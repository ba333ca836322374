-- ===== src/Shield/Limiter/Isolation.antt =====
-- What one call does to the limiter's other buckets, and the limiter's bound
-- (internal/shield/ratelimit.go).
use freesbc.Base.{
  ℕ, ◌<◌, ◌≡◌, ◌≢◌, inl, inr, Bool, true, false, ◌||◌, arith, ◌==◌, Bool-cases, Option-cases,
  length, length-keep-le,
}
use freesbc.Base.Assoc.{find, NoDup-keep}
use freesbc.Base.Lru.{IsLru, IsLru-touch, IsLru-push, find-push_ne, find-touch_ne}
use freesbc.Shield.Limiter.{
  Float, RateKey, RateKey-discrete, Bucket, RateLimiter, new_rate_limiter, full_bucket, refill,
  spend, take_keyed, take_global, take_token, prune, bucket_cap,
}

module _ (fl : Float) where
  abbrev spent_bucket : ℕ → ℕ → ℕ → Bucket fl → Bucket fl
  spent_bucket rate interval now b = (spend fl (refill fl rate interval now b)).0

  -- The buckets are separate: a call for one key changes no other key's bucket, as long as the
  -- table has room, and leaves the global bucket alone.
  pub take_token-isolates :
      (j key : RateKey) (rate interval now : ℕ) (r : RateLimiter fl)
      → j ≢ key
      → length r.lru < bucket_cap
      → (find RateKey-discrete j (take_token fl key rate interval true now r).0.lru
          ≡ find RateKey-discrete j r.lru)
        × ((take_token fl key rate interval true now r).0.global ≡ r.global)
  unfolding take_token take_keyed
  take_token-isolates j key rate interval now r ne room =
      elim (Option-cases (find RateKey-discrete key r.lru)) [
        | inl new ↦
            let b = spent_bucket rate interval now (full_bucket fl rate now) in
            (
              ground (arith, new, find-push_ne RateKey-discrete bucket_cap j key b r.lru ne room),
              ground (arith, new),
            )
        | inr (b, known) ↦
            let b' = spent_bucket rate interval now b in
            (
              ground (arith, known, find-touch_ne RateKey-discrete j key b' r.lru ne),
              ground (arith, known),
            )
      ]

  abbrev pub IsCapped : RateLimiter fl → Type 0
  IsCapped r = IsLru RateKey-discrete bucket_cap r.lru

  take_keyed-IsCapped :
      (key : RateKey) (rate interval now : ℕ) (r : RateLimiter fl)
      → IsCapped r
      → IsCapped (take_keyed fl key rate interval now r).0
  unfolding take_keyed
  take_keyed-IsCapped key rate interval now r h =
      elim (Option-cases (find RateKey-discrete key r.lru)) [
        | inl new ↦
            rw (new, take_keyed)
              (IsLru-push RateKey-discrete bucket_cap key _ r.lru (omega arith) new h)
        | inr (b, known) ↦
            rw (known, take_keyed) (IsLru-touch RateKey-discrete bucket_cap key _ b r.lru known h)
      ]

  take_token-IsCapped :
      (key : RateKey) (rate interval : ℕ) (per_ip : Bool) (now : ℕ) (r : RateLimiter fl)
      → IsCapped r
      → IsCapped (take_token fl key rate interval per_ip now r).0
  unfolding take_token take_global
  take_token-IsCapped key rate interval true now r h =
      elim (Bool-cases (rate == 0 || interval == 0)) [
        | inl unlimited ↦ rw unlimited h
        | inr limited ↦ rw limited (take_keyed-IsCapped key rate interval now r h)
      ]
  take_token-IsCapped key rate interval false now r h =
      elim (Bool-cases (rate == 0 || interval == 0)) [
        | inl unlimited ↦ rw unlimited h
        | inr limited ↦ rw limited h
      ]

  prune-IsCapped : (now : ℕ) (r : RateLimiter fl) → IsCapped r → IsCapped (prune fl now r)
  unfolding prune
  prune-IsCapped now r h = record {
    bounded = omega (arith, length-keep-le {0} _ r.lru, h.bounded);
    distinct = NoDup-keep RateKey-discrete _ r.lru h.distinct;
  }

  pub data Reach : RateLimiter fl → Type 0 where
    start : Reach (new_rate_limiter fl)
    takes :
        {r : RateLimiter fl} (key : RateKey) (rate interval : ℕ) (per_ip : Bool) (now : ℕ)
        → Reach r
        → Reach (take_token fl key rate interval per_ip now r).0
    prunes : {r : RateLimiter fl} (now : ℕ) → Reach r → Reach (prune fl now r)

  -- The limiter is bounded: after any calls from a new one, at any instants and with any limits, it
  -- keeps at most 65,536 buckets, and one for a key at most.
  pub Reach-IsCapped : {r : RateLimiter fl} → Reach r → IsCapped r
  Reach-IsCapped start = record { bounded = omega arith; distinct = tt }
  Reach-IsCapped (takes {r} key rate interval per_ip now h) =
      take_token-IsCapped key rate interval per_ip now r (Reach-IsCapped h)
  Reach-IsCapped (prunes {r} now h) = prune-IsCapped now r (Reach-IsCapped h)
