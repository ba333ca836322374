-- ===== src/Shield/Offenders/Bounds.antt =====
-- The bound of the offender table, and the parts that a budget is listed by
-- (internal/shield/offenders.go).
use freesbc.Base.{
  ℕ, ◌+◌, String, ◌≡◌, refl, ap, ◌≢◌, inl, inr, some, List, [], ◌∷◌, map, arith, text_discrete,
  Option-cases, length-keep-le,
}
use freesbc.Base.Assoc.{find, put, length-remove-le, NoDup-remove, NoDup-keep, find-front_self}
use freesbc.Base.Lru.{IsLru, IsLru-touch, IsLru-push}
use freesbc.Shield.Offenders.{
  StrikeLimit, OffenderKey, OffenderKey-discrete, Offender, OffenderTable, new_offender_table,
  fresh, reopened, tally, count_strike, strike, clear, prune, offender_cap, count_of, rows,
}

abbrev pub IsBounded : OffenderTable → Type 0
IsBounded t = (t.max ≡ offender_cap) × IsLru OffenderKey-discrete t.max t.lru

strike-IsBounded :
    (key : OffenderKey) (part : String) (lim : StrikeLimit) (now : ℕ) (t : OffenderTable)
    → IsBounded t
    → IsBounded (strike key part lim now t).0
unfolding strike
strike-IsBounded key part lim now t (cap, h) =
    elim (Option-cases (find OffenderKey-discrete key t.lru)) [
      | inl new ↦
          rw (new, strike)
            (cap, IsLru-push OffenderKey-discrete t.max key _ t.lru (omega arith) new h)
      | inr (o, known) ↦
          rw (known, strike) (cap, IsLru-touch OffenderKey-discrete t.max key _ o t.lru known h)
    ]

clear-IsBounded : (key : OffenderKey) (t : OffenderTable) → IsBounded t → IsBounded (clear key t)
unfolding clear
clear-IsBounded key t (cap, h) = (
  cap,
  record {
    bounded = omega (arith, length-remove-le OffenderKey-discrete key t.lru, h.bounded);
    distinct = NoDup-remove OffenderKey-discrete key t.lru h.distinct;
  },
)

prune-IsBounded : (now : ℕ) (t : OffenderTable) → IsBounded t → IsBounded (prune now t)
unfolding prune
prune-IsBounded now t (cap, h) = (
  cap,
  record {
    bounded = omega (arith, length-keep-le {0} _ t.lru, h.bounded);
    distinct = NoDup-keep OffenderKey-discrete _ t.lru h.distinct;
  },
)

pub data Reach : OffenderTable → Type 0 where
  start : Reach new_offender_table
  strikes :
      {t : OffenderTable} (key : OffenderKey) (part : String) (lim : StrikeLimit) (now : ℕ)
      → Reach t
      → Reach (strike key part lim now t).0
  clears : {t : OffenderTable} (key : OffenderKey) → Reach t → Reach (clear key t)
  prunes : {t : OffenderTable} (now : ℕ) → Reach t → Reach (prune now t)

-- The table is bounded: after any strikes, clears and prunes of a new table it holds at most 16,384
-- budgets, and a budget once at most.
pub Reach-IsBounded : {t : OffenderTable} → Reach t → IsBounded t
Reach-IsBounded start = (refl, record { bounded = omega arith; distinct = tt })
Reach-IsBounded (strikes {t} key part lim now r) =
    strike-IsBounded key part lim now t (Reach-IsBounded r)
Reach-IsBounded (clears {t} key r) = clear-IsBounded key t (Reach-IsBounded r)
Reach-IsBounded (prunes {t} now r) = prune-IsBounded now t (Reach-IsBounded r)

-- The counts of the parts.
abbrev pub sum_parts : List (String × ℕ) → ℕ
sum_parts [] = 0
sum_parts (p ∷ ps) = p.1 + sum_parts ps

-- The strikes that the rows of a budget show.
abbrev pub shown : List (OffenderKey × Offender) → ℕ
shown [] = 0
shown (e ∷ l) = e.1.count + shown l

sum-put :
    (part : String) (c : ℕ) (ps : List (String × ℕ))
    → sum_parts (put text_discrete part c ps) + count_of (find text_discrete part ps)
      ≡ sum_parts ps + c
unfolding put find
sum-put part c [] = omega arith
sum-put part c ((q, d) ∷ ps) = ground (arith, sum-put part c ps)

-- A strike under a named part keeps the parts' counts summing to the budget's.
count_strike-parts :
    (lim : StrikeLimit) (part : String) (o : Offender)
    → part ≢ ""
    → sum_parts o.parts ≡ o.count
    → sum_parts (count_strike lim part o).0.parts ≡ (count_strike lim part o).0.count
unfolding count_strike tally
count_strike-parts lim part o named h =
    ground (arith, sum-put part (count_of (find text_discrete part o.parts) + 1) o.parts)

shown-map :
    (key : OffenderKey) (o : Offender) (ps : List (String × ℕ))
    → shown (
        map
          (λ q.
            let k : OffenderKey = record key { reason = q.0 } in
            let r : Offender = record o { count = q.1; parts = [] } in (k, r))
          ps)
      ≡ sum_parts ps
shown-map key o [] = refl
shown-map key o (p ∷ ps) = ap (λ n. p.1 + n) (shown-map key o ps)

shown-rows :
    (key : OffenderKey) (o : Offender)
    → sum_parts o.parts ≡ o.count
    → shown (rows (key, o)) ≡ o.count
unfolding rows
shown-rows key o h = go o.parts refl
  where
    go : (ps : List (String × ℕ)) → o.parts ≡ ps → shown (rows (key, o)) ≡ o.count
    go [] e = rw (e, rows) (omega arith)
    go (p ∷ ps) e = rw (e, rows) (omega (arith, shown-map key o ps, ap sum_parts e))

-- The offender view adds up: where every strike of a budget names its part, as those of the admission
-- budget do, each strike leaves an entry whose parts sum to its count, and the rows that it is listed
-- by show exactly that many strikes.
pub strike-shown :
    (key : OffenderKey) (part : String) (lim : StrikeLimit) (now : ℕ) (t : OffenderTable)
    → part ≢ ""
    → ((o : Offender) → find OffenderKey-discrete key t.lru ≡ some o → sum_parts o.parts ≡ o.count)
    → (o' : Offender) × (find OffenderKey-discrete key (strike key part lim now t).0.lru ≡ some o')
      × (sum_parts o'.parts ≡ o'.count)
      × (shown (rows (key, o')) ≡ o'.count)
unfolding strike reopened
strike-shown key part lim now t named sums =
    elim (Option-cases (find OffenderKey-discrete key t.lru)) [
      | inl new ↦
          let o' = (count_strike lim part (fresh now)).0 in
          let s = count_strike-parts lim part (fresh now) named refl in
          rw (new, strike)
            (o', find-front_self OffenderKey-discrete key o' _, s, shown-rows key o' s)
      | inr (o, known) ↦
          let o' = (count_strike lim part (reopened now lim.window o)).0 in
          let s =
            count_strike-parts lim part (reopened now lim.window o) named
              (ground (arith, sums o known)) in
          rw (known, strike)
            (o', find-front_self OffenderKey-discrete key o' _, s, shown-rows key o' s)
    ]
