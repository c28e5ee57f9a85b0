-- ===== src/Http/Reading/Firsts.antt =====
-- How the first line of a message is read, from the format of HTTP alone.
use mingfwq.Prelude.{
  mark, ℕ, ◌/◌, ◌≡◌, ◌≢◌, refl, ap, ◌∙◌, bit_and, List, [], ◌∷◌, ◌++◌, append-nil, append_assoc,
  ◌==◌, if◌then◌else◌, All, All-append, codes, arith,
}
use mingfwq.Prelude.Decimal.{decimal, IsDigit, decimal-IsDigit, read_digits, read_digits-decimal}
use mingfwq.Http.Reading.{Lacks}

-- The text before the first `c` and the text behind it, nothing without one.
pub cut : ℕ → List ℕ → List ℕ × List ℕ
cut c [] = ([], [])
cut c (a ∷ s) = let later = cut c s in if a == c then ([], s) else (a ∷ later.0, later.1)

cut-append : (c : ℕ) (s t : List ℕ) → Lacks c s → cut c (s ++ (c ∷ t)) ≡ (s, t)
unfolding Lacks cut
cut-append c [] t h = ground arith
cut-append c (a ∷ s) t h = ground (arith, h.0, cut-append c s t h.1)

cut_all : (c : ℕ) (s : List ℕ) → Lacks c s → cut c s ≡ (s, [])
unfolding Lacks cut
cut_all c [] h = refl
cut_all c (a ∷ s) h = ground (arith, h.0, cut_all c s h.1)

-- What an optional part begins with.
abbrev pub opening : ℕ → List ℕ → List ℕ
opening c t = mark (c ∷ []) t

cut-opening : (c : ℕ) (s t : List ℕ) → Lacks c s → cut c (s ++ (opening c t ++ t)) ≡ (s, t)
cut-opening c s [] h = ap (cut c) (append-nil s) ∙ cut_all c s h
cut-opening c s (b ∷ t) h = cut-append c s (b ∷ t) h

opening-Lacks : (c d : ℕ) (t : List ℕ) → d ≢ c → Lacks c (opening d t)
unfolding Lacks
opening-Lacks c d [] h = tt
opening-Lacks c d (b ∷ t) h = (h, tt)

Lacks-append : (c : ℕ) (s t : List ℕ) → Lacks c s → Lacks c t → Lacks c (s ++ t)
unfolding Lacks
Lacks-append c s t p q = All-append _ s t p q

pub record RequestLine : Type 0 where
  pub method : List ℕ
  pub path : List ℕ
  pub query : List ℕ
  pub fragment : List ℕ
  pub version : List ℕ

abbrev before_hash : List ℕ → List ℕ → List ℕ → List ℕ × List ℕ → RequestLine
before_hash method version fragment (path, query) = record {
  method = method;
  path = path;
  query = query;
  fragment = fragment;
  version = version;
}

abbrev of_target : List ℕ → List ℕ → List ℕ × List ℕ → RequestLine
of_target method version (front, fragment) = before_hash method version fragment (cut b'?' front)

abbrev behind_method : List ℕ → List ℕ × List ℕ → RequestLine
behind_method method (target, version) = of_target method version (cut b'#' target)

abbrev after_space : List ℕ × List ℕ → RequestLine
after_space (method, rest) = behind_method method (cut b' ' rest)

-- A method, a target and a version, with spaces between them; the target is a path, with a query
-- behind "?" and a fragment behind "#".
pub read_request_line : List ℕ → RequestLine
read_request_line s = after_space (cut b' ' s)

-- The parts of the target end where they should.
pub record IsTarget (path query fragment : List ℕ) : Type 0 where
  pub path_word : Lacks b' ' path
  pub path_mark : Lacks b'?' path
  pub path_hash : Lacks b'#' path
  pub query_word : Lacks b' ' query
  pub query_hash : Lacks b'#' query
  pub fragment_word : Lacks b' ' fragment

pub read_request_line_lem :
    (method path query fragment version : List ℕ)
    → Lacks b' ' method
    → IsTarget path query fragment
    → read_request_line (
        method
        ++ (b' '
            ∷ (path
                ++ (opening b'?' query
                    ++ (query ++ (opening b'#' fragment ++ (fragment ++ (b' ' ∷ version))))))))
      ≡ record {
        method = method;
        path = path;
        query = query;
        fragment = fragment;
        version = version;
      }
unfolding read_request_line
read_request_line_lem method path query fragment version m h =
    ap after_space words
    ∙ ap (λ t. behind_method method (cut b' ' t)) apart
    ∙ ap (behind_method method) pair
    ∙ ap (of_target method version) hash
    ∙ ap (before_hash method version fragment) (cut-opening b'?' path query h.path_mark)
  where
    before : List ℕ
    before = path ++ (opening b'?' query ++ query)

    target : List ℕ
    target = before ++ (opening b'#' fragment ++ fragment)

    before_word : Lacks b' ' before
    before_word =
        Lacks-append b' ' path _ h.path_word
          (Lacks-append b' ' _ query (opening-Lacks b' ' b'?' query (omega arith)) h.query_word)

    front_hash : Lacks b'#' before
    front_hash =
        Lacks-append b'#' path _ h.path_hash
          (Lacks-append b'#' _ query (opening-Lacks b'#' b'?' query (omega arith)) h.query_hash)

    rest : List ℕ
    rest =
        path
        ++ (opening b'?' query
            ++ (query ++ (opening b'#' fragment ++ (fragment ++ (b' ' ∷ version)))))

    apart : rest ≡ target ++ (b' ' ∷ version)
    apart =
        rw
          (
            append_assoc before (opening b'#' fragment ++ fragment) (b' ' ∷ version),
            append_assoc path (opening b'?' query ++ query)
                ((opening b'#' fragment ++ fragment) ++ (b' ' ∷ version)),
            append_assoc (opening b'#' fragment) fragment (b' ' ∷ version),
            append_assoc (opening b'?' query) query
                (opening b'#' fragment ++ (fragment ++ (b' ' ∷ version))),
          )
          refl

    words : cut b' ' (method ++ (b' ' ∷ rest)) ≡ (method, rest)
    words = cut-append b' ' method rest m

    pair : cut b' ' (target ++ (b' ' ∷ version)) ≡ (target, version)
    pair = cut-append b' ' target version (
        Lacks-append b' ' before _ before_word (
          Lacks-append b' ' _ fragment (opening-Lacks b' ' b'#' fragment (omega arith))
            h.fragment_word))

    hash : cut b'#' target ≡ (before, fragment)
    hash = cut-opening b'#' before fragment front_hash

pub record StatusLine : Type 0 where
  pub version : List ℕ
  pub status : ℕ
  pub reason : List ℕ

abbrev behind_status : List ℕ → List ℕ × List ℕ → StatusLine
behind_status version (status, reason) = record {
  version = version;
  status = read_digits 0 status;
  reason = reason;
}

abbrev behind_version : List ℕ × List ℕ → StatusLine
behind_version (version, rest) = behind_status version (cut b' ' rest)

-- A version, the digits of the status and the reason, with spaces between them.
pub read_status_line : List ℕ → StatusLine
read_status_line s = behind_version (cut b' ' s)

digits_word : (s : List ℕ) → All IsDigit s → Lacks b' ' s
unfolding Lacks IsDigit
digits_word [] h = tt
digits_word (a ∷ s) h = (ground (arith, h.0), digits_word s h.1)

decimal_word : (n : ℕ) → Lacks b' ' (decimal n)
decimal_word n = digits_word (decimal n) (decimal-IsDigit n)

-- "HTTP/" and the two halves of a version.
abbrev pub http_version : ℕ → List ℕ
http_version version =
    codes "HTTP/" ++ (decimal (version / 16) ++ (codes "." ++ decimal (bit_and version 15)))

version_word : (version : ℕ) → Lacks b' ' (http_version version)
unfolding Lacks
version_word version = Lacks-append b' ' (codes "HTTP/") _ slash (
    Lacks-append b' ' (decimal (version / 16)) _ (decimal_word (version / 16))
      (Lacks-append b' ' (codes ".") _ dot (decimal_word (bit_and version 15))))
  where
    slash : Lacks b' ' (codes "HTTP/")
    slash = ground arith

    dot : Lacks b' ' (codes ".")
    dot = ground arith

pub read_status_line_lem :
    (version status : ℕ) (reason : List ℕ)
    → read_status_line (http_version version ++ (b' ' ∷ (decimal status ++ (b' ' ∷ reason))))
      ≡ record { version = http_version version; status = status; reason = reason }
unfolding read_status_line
read_status_line_lem version status reason =
    ap behind_version (
      cut-append b' ' (http_version version) (decimal status ++ (b' ' ∷ reason))
        (version_word version))
    ∙ ap (behind_status (http_version version))
        (cut-append b' ' (decimal status) reason (decimal_word status))
    ∙ ap (λ n. record { version = http_version version; status = n; reason = reason })
        (read_digits-decimal status)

+ + + + +

▸ **What is being asked**
Up to and including the line with "module _ (fl : Float) where", reproduce the material above exactly as it appears, starting from its first line.

▸ **Result of this exercise**
repository ba333ca836322374
-- ===== src/Shield/Limiter/Isolation.antt =====
-- What one call does to the limiter's other buckets, and the limiter's bound
-- (internal/shield/ratelimit.go).
use freesbc.Base.{
  ℕ, ◌<◌, ◌≡◌, ◌≢◌, inl, inr, Bool, true, false, ◌||◌, arith, ◌==◌, Bool-cases, Option-cases,
  length, length-keep-le,
}
use freesbc.Base.Assoc.{find, NoDup-keep}
use freesbc.Base.Lru.{IsLru, IsLru-touch, IsLru-push, find-push_ne, find-touch_ne}
use freesbc.Shield.Limiter.{
  Float, RateKey, RateKey-discrete, Bucket, RateLimiter, new_rate_limiter, full_bucket, refill,
  spend, take_keyed, take_global, take_token, prune, bucket_cap,
}

module _ (fl : Float) where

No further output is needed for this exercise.